# Bird pictures from Florida



## pgm860 (Oct 24, 2003)

I was in Florida a couple of days ago and managed to get an hour or two to do some bird watching. Here are the results.

Florida Bird Pictures

Enjoy
Praveen.


----------



## Garye (Feb 20, 2005)

Well you've got quite a collection of them. You know, with some of the pix I've seen on this forum, they could be used to make postage stamps - the pictures come out so good by some of the members. I've used that Photostamps to make some custom postage stamps of some pigeon pix I have. They're good to use for special occasions and it's a way to have others see our creativity. Who knows? Maybe someone will see some pigeon stamps that we send and start collecting them!


----------



## maryjane (Jul 15, 2006)

Wow, gorgeous pictures. Thanks for sharing.


----------



## Pigeonpal2002 (Jul 27, 2002)

Hi Praveen....more wonderful and professional pictures from you! You really have a knack with photography. I liked the Osprey the best, these are beautiful and majestic raptors.

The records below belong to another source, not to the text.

-- ===== src/Inventory/Checkouts.antt =====
-- payments/services.py's fulfill_checkout_session keeps the inventory's invariant, whatever the session
-- buys and however often it is delivered.
use boxoffice.Guests.{get_or_create_for_email, record_marketing_opt_in}
use boxoffice.Payments.Fulfill.{
  FulfillError, Purchase, create_order, order_clashes, fulfill_hold, link_guest,
}
use boxoffice.Payments.Purchases.{plain_order, fulfill_donation, fulfill_pass_purchase}
use boxoffice.Payments.Checkout.{
  Session, SessionKind, purchase_of, order_of_session, product_of, hold_of, or_winner, dispatch,
  fulfill_checkout_session, campaign_of,
}
use boxoffice.Inventory.{IsSound}
use boxoffice.Inventory.Same.{SameInventory, same-IsSound}
use boxoffice.Inventory.Fulfilled.{fulfill_hold-OnOk}
use boxoffice.Common.{
  ℕ, ◌≤◌, ◌≡◌, refl, inl, inr, Bool, true, false, not, ◌&&◌, Option, none, some, [], arith, leb,
  ◌==◌, if◌then◌else◌, Bool-cases, Option-cases, is_key, is_some,
}
use boxoffice.Common.Int.{ℤ}
use boxoffice.Common.Text.{Text}
use boxoffice.Common.Results.{Result, ok, err, OnOk}
use boxoffice.Db.{Db, Hold, Order, PassProduct}

link_guest-same :
    (db : Db) (organization : ℕ) (purchase : Purchase) (now : ℕ)
    → SameInventory db (link_guest db organization purchase now).0
unfolding get_or_create_for_email record_marketing_opt_in
link_guest-same db organization purchase now = record {
  performance = ground arith;
  allocations = ground arith;
  holds = ground arith;
  tickets = ground arith;
  next_id = ground arith;
}

module _ (new_token : ℕ → Text) (now : ℕ) (db : Db) (v : IsSound now db) where
  -- Tables with other guests, orders, items, payments and passes.
  beside :
      (db' db'' : Db)
      → SameInventory db db'
      → db''.performance ≡ db'.performance
      → db''.allocations ≡ db'.allocations
      → db''.holds ≡ db'.holds
      → db''.tickets ≡ db'.tickets
      → db'.next_id ≤ db''.next_id
      → IsSound now db''
  beside db' db'' same p a h t n =
      same-IsSound now db' db''
        (record { performance = p; allocations = a; holds = h; tickets = t; next_id = n })
        (same-IsSound now db db' same v)

  donation-OnOk :
      (organization : ℕ) (amount : ℤ) (campaign : Option ℕ) (purchase : Purchase)
      → OnOk (IsSound now) (fulfill_donation new_token db organization amount campaign purchase now)
  unfolding fulfill_donation create_order
  donation-OnOk organization amount campaign purchase =
      let guested = (link_guest db organization purchase now).0 in
      elim (Bool-cases (
        order_clashes guested (
          plain_order new_token guested organization purchase
            (link_guest db organization purchase now).1 amount))) [
              | inl taken ↦ rw taken tt
              | inr free ↦ rw free (
                  beside guested _ (link_guest-same db organization purchase now) refl refl refl
                    refl (omega arith))
            ]

  pass-OnOk :
      (organization : ℕ) (product : PassProduct) (purchase : Purchase)
      → OnOk (IsSound now) (fulfill_pass_purchase new_token db organization product purchase now)
  unfolding fulfill_pass_purchase create_order
  pass-OnOk organization product purchase =
      let guested = (link_guest db organization purchase now).0 in
      elim (Bool-cases product.is_active) [
        | inr archived ↦ rw archived tt
        | inl active ↦
            rw active
              (elim (Bool-cases (
                order_clashes guested (
                  plain_order new_token guested organization purchase
                    (link_guest db organization purchase now).1 product.price))) [
                      | inl taken ↦ rw taken tt
                      | inr free ↦ rw free (
                          beside guested _ (link_guest-same db organization purchase now) refl refl
                            refl refl (omega arith))
                    ])
      ]

  or_winner-OnOk :
      (organization : ℕ) (session : Text) (otherwise : FulfillError)
      (r : Result FulfillError (Db × Order))
      → OnOk (IsSound now) r
      → OnOk (IsSound now) (or_winner db organization session otherwise r)
  or_winner-OnOk organization session otherwise (ok (db', o)) a = a
  or_winner-OnOk organization session otherwise (err FulfillError.integrity_error) a =
      elim (Option-cases (order_of_session db organization session)) [
        | inl nobody ↦ rw (nobody, OnOk) tt
        | inr (winner, e) ↦ rw (e, OnOk) v
      ]
  or_winner-OnOk organization session otherwise (err FulfillError.hold_gone) a = tt
  or_winner-OnOk organization session otherwise (err (FulfillError.availability_changed ids)) a = tt
  or_winner-OnOk organization session otherwise (err FulfillError.allocation_missing) a = tt
  or_winner-OnOk organization session otherwise (err FulfillError.donation_data) a = tt
  or_winner-OnOk organization session otherwise (err FulfillError.pass_data) a = tt
  or_winner-OnOk organization session otherwise (err FulfillError.tenant_mismatch) a = tt

  guarded :
      (b : Bool) (e : FulfillError) (r : Result FulfillError (Db × (Order × Bool)))
      → (b ≡ false → OnOk (IsSound now) r)
      → OnOk (IsSound now) (if b then err e else r)
  guarded true e r a = tt
  guarded false e r a = a refl

  hold-OnOk :
      (organization : ℕ) (hold_id : Option ℕ) (hold : Hold) (purchase : Purchase)
      → hold_of db organization hold_id ≡ some hold
      → leb hold.expires_at now ≡ false
      → OnOk (IsSound now) (fulfill_hold new_token db hold purchase now)
  hold-OnOk organization hold_id hold purchase found running =
      fulfill_hold-OnOk new_token now db hold purchase v (record {
        test = λ h. h.organization == organization && is_key hold_id h.id;
        found = found;
        active = ground (arith, running);
      })

  module _ (campaign_exists : ℕ → ℕ → Bool) (organization : ℕ) (s : Session) where
    dispatch-OnOk :
        (kind : SessionKind)
        → OnOk (IsSound now) (dispatch new_token campaign_exists db organization s kind now)
    unfolding dispatch
    dispatch-OnOk (SessionKind.donation none campaign) = tt
    dispatch-OnOk (SessionKind.donation (some amount) campaign) =
        or_winner-OnOk organization s.id FulfillError.integrity_error _ (
          donation-OnOk organization amount (campaign_of campaign_exists organization campaign)
            (purchase_of s))
    dispatch-OnOk (SessionKind.pass product) =
        elim (Option-cases (product_of db organization product)) [
          | inl missing ↦ rw (missing, OnOk, dispatch) tt
          | inr (p, found) ↦
              rw (found, OnOk, dispatch)
                (or_winner-OnOk organization s.id FulfillError.integrity_error _
                  (pass-OnOk organization p (purchase_of s)))
        ]
    dispatch-OnOk (SessionKind.tickets hold_id) =
        elim (Option-cases (hold_of db organization hold_id)) [
          | inl missing ↦ rw (missing, OnOk, dispatch) tt
          | inr (hold, found) ↦
              rw (found, OnOk, dispatch)
                (guarded (leb hold.expires_at now) FulfillError.hold_gone _ (λ running.
                  or_winner-OnOk organization s.id (FulfillError.availability_changed []) _
                    (hold-OnOk organization hold_id hold (purchase_of s) found running)))
        ]

    pub fulfill_checkout_session-OnOk :
        OnOk
          (IsSound now)
          (fulfill_checkout_session new_token campaign_exists db organization s now)
    unfolding fulfill_checkout_session
    fulfill_checkout_session-OnOk = elim (Option-cases (order_of_session db organization s.id)) [
      | inr (existing, e) ↦ rw (e, OnOk, fulfill_checkout_session) v
      | inl new ↦
          rw (new, OnOk, fulfill_checkout_session)
            (guarded (is_some s.organization_id && not (is_key s.organization_id organization))
              FulfillError.tenant_mismatch _ (λ _. dispatch-OnOk s.kind))
    ]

Thanks for sharing your pictures!


----------



## TAWhatley (Mar 6, 2001)

Those are very lovely photos, Praveen! Thanks so much for sharing them with us .. keep 'em coming!

Terry


----------



## mr squeaks (Apr 14, 2005)

Those are some beautiful pictures and birds, Praveen!

Some of those beaks look wicked! 

Florida does have a wide range of birds and you "captured" some beauties!


----------



## Reti (Jul 20, 2003)

Great pics.
Thanks for sharing.

Reti


----------



## Skyeking (Jan 17, 2003)

Those are pictures of some birds I have seen in my "backyard.

We do have some of the most unusual and beautiful water fowl I have ever seen.

Thanks for sharing!


----------



## karla (Jul 8, 2006)

Great pictures!!!!!!!!!
Thanks for sharing , they are beautiful!!! ]
Karla


----------



## Maggie-NC (Jun 22, 2005)

Praveen, outstanding pictures. I really enjoyed them. Number 24 was a particular favorite. Caption over #26 could read "grandma, what big eyes you have".


----------



## Pete Jasinski (Jan 2, 2005)

Those are some amazing pictures you took! Keep em coming, we can never get enough your incredible shots.


----------